### EXCERPTED DATA

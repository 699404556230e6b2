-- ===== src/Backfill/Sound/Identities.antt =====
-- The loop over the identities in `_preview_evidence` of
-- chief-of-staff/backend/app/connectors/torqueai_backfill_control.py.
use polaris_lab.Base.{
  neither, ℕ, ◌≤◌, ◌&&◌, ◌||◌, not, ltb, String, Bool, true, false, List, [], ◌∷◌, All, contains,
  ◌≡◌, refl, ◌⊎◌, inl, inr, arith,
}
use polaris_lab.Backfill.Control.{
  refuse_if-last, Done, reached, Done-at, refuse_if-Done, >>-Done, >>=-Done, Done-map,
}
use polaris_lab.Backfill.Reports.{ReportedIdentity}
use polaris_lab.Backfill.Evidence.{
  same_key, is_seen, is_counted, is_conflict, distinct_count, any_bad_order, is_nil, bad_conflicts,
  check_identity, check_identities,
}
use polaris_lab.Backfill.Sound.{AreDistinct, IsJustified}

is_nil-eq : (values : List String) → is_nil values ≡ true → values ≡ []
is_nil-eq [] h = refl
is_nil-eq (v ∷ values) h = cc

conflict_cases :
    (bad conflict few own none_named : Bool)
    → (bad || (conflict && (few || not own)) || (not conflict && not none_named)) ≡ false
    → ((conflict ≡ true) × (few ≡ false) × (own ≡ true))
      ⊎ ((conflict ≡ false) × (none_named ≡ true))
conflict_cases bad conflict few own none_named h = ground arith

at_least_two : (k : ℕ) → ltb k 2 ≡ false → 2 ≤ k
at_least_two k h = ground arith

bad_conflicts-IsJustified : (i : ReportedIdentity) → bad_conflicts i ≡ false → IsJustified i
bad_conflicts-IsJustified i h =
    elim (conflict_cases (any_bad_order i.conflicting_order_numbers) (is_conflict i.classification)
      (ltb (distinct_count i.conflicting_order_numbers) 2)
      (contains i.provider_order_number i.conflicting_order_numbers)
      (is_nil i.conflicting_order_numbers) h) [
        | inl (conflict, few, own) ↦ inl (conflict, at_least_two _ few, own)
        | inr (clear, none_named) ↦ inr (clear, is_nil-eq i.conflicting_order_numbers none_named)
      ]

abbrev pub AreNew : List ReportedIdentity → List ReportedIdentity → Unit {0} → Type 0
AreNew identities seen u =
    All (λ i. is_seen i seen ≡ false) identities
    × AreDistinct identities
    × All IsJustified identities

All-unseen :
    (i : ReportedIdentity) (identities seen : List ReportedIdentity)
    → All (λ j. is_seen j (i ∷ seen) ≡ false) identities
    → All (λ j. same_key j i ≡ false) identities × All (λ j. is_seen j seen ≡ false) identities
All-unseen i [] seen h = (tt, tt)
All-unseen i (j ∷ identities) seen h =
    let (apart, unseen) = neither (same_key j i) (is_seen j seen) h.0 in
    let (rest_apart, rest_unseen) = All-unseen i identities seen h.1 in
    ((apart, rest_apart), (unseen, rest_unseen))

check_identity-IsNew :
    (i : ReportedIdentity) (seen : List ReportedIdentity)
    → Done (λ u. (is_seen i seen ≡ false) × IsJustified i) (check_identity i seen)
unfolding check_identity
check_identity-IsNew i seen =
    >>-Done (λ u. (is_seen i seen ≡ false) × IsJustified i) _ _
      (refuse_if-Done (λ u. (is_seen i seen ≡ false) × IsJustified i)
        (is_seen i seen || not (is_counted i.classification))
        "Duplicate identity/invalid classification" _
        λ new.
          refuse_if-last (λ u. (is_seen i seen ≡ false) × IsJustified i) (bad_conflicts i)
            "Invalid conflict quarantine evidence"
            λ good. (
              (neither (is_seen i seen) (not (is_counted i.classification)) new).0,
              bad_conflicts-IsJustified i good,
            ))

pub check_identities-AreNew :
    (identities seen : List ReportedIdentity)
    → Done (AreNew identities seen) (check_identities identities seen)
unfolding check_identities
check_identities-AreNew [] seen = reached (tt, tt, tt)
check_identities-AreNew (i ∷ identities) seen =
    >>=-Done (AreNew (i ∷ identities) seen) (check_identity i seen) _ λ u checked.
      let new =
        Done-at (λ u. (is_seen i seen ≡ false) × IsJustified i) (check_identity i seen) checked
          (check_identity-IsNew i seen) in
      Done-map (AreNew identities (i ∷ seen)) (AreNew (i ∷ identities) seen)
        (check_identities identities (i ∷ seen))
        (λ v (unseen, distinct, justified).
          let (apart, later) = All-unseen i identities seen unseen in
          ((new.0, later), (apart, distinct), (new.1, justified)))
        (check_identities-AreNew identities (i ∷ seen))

######
### EXCERPTED DATA

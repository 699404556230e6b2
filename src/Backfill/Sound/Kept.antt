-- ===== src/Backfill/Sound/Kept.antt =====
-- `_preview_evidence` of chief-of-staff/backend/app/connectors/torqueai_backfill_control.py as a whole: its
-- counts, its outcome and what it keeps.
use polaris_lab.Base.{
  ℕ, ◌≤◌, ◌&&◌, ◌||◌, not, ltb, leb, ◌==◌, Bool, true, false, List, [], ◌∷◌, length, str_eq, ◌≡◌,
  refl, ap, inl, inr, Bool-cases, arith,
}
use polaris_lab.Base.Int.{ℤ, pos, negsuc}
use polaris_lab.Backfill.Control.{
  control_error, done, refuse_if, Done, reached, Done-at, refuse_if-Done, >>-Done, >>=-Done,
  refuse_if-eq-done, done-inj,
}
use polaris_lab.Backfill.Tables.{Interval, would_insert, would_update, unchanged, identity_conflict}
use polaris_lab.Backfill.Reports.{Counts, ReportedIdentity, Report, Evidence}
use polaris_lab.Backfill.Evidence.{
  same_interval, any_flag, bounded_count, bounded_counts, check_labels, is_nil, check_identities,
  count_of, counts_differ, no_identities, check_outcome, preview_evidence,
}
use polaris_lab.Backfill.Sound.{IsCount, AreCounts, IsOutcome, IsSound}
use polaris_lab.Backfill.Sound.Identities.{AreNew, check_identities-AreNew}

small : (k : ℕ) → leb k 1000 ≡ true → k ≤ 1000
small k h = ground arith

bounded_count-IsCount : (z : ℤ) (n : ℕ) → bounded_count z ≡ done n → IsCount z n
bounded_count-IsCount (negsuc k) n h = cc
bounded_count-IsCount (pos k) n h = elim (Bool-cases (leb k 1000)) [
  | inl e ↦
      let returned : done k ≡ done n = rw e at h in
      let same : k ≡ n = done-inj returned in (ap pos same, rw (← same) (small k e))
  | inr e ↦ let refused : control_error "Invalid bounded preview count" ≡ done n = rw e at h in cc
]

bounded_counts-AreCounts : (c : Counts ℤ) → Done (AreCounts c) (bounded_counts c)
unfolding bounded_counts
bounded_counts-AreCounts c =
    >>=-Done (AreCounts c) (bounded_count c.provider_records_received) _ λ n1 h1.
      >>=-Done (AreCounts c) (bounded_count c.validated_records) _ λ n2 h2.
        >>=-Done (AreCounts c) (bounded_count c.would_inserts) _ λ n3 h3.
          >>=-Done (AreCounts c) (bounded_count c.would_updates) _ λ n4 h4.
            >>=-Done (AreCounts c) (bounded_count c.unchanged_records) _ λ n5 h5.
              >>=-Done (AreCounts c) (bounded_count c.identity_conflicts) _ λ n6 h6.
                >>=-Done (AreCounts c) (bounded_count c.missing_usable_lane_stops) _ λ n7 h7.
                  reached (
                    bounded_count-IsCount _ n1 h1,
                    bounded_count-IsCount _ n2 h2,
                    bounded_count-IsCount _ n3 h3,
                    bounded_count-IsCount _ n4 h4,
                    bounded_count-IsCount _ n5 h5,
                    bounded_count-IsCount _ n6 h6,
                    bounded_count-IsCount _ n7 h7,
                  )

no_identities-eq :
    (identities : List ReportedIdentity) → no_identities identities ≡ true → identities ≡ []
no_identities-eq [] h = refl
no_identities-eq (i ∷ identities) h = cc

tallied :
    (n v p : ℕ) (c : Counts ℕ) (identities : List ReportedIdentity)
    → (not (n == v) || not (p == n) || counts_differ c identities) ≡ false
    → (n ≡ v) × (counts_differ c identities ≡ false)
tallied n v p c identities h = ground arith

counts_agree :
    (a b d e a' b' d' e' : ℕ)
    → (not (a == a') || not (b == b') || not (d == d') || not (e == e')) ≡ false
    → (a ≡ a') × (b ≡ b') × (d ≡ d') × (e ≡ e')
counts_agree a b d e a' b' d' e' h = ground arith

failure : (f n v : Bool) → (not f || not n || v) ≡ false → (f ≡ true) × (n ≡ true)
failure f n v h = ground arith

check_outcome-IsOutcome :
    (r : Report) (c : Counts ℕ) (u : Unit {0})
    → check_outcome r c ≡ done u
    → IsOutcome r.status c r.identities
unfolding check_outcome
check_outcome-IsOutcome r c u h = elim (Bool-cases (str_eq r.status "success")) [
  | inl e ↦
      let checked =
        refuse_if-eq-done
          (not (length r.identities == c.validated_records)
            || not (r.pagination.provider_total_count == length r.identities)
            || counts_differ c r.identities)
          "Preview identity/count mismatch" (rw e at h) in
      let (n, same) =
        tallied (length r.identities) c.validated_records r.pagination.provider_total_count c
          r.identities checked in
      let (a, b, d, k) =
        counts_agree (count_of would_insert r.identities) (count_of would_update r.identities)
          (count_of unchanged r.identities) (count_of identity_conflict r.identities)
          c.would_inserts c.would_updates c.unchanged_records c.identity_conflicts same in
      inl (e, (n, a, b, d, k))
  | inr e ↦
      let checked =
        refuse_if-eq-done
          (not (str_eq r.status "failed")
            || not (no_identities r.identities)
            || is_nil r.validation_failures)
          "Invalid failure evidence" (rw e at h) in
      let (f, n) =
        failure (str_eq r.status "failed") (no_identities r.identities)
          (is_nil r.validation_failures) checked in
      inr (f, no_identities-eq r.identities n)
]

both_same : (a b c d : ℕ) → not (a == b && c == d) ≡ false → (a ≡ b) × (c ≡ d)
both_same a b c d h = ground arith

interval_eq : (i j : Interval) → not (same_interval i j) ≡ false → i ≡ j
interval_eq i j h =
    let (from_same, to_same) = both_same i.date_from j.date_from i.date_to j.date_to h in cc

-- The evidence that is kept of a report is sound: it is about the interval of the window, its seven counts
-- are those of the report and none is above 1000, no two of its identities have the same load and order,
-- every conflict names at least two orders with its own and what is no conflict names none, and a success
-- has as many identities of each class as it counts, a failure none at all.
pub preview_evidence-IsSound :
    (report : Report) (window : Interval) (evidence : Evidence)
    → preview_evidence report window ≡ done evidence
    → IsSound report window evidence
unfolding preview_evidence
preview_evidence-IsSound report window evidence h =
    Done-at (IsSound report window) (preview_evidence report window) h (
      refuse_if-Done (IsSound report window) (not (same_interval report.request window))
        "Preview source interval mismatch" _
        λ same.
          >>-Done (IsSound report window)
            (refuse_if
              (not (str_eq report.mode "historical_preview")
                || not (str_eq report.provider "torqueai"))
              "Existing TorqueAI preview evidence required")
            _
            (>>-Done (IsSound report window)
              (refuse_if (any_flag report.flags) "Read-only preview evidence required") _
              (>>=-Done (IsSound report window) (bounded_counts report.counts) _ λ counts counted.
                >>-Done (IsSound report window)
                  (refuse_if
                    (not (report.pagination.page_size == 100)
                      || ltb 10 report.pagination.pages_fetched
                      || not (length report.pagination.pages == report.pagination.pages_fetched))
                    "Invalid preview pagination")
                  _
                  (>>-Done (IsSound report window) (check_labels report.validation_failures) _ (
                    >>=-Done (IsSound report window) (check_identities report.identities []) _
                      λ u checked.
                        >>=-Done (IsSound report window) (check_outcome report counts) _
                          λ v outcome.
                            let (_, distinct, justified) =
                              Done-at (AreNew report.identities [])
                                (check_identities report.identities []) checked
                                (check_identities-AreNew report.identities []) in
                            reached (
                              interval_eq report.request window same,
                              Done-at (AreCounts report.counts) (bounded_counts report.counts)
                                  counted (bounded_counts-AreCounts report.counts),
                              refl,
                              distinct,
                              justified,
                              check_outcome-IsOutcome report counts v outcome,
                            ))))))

######

In the entries above, please find the line with "All (λ i. is_seen" and the line with "((apart, rest_apart), (unseen, rest_unseen))", then write out exactly those two lines and every line between them, and nothing more.

## TASK RESPONSE
    All (λ i. is_seen i seen ≡ false) identities
    × AreDistinct identities
    × All IsJustified identities

All-unseen :
    (i : ReportedIdentity) (identities seen : List ReportedIdentity)
    → All (λ j. is_seen j (i ∷ seen) ≡ false) identities
    → All (λ j. same_key j i ≡ false) identities × All (λ j. is_seen j seen ≡ false) identities
All-unseen i [] seen h = (tt, tt)
All-unseen i (j ∷ identities) seen h =
    let (apart, unseen) = neither (same_key j i) (is_seen j seen) h.0 in
    let (rest_apart, rest_unseen) = All-unseen i identities seen h.1 in
    ((apart, rest_apart), (unseen, rest_unseen))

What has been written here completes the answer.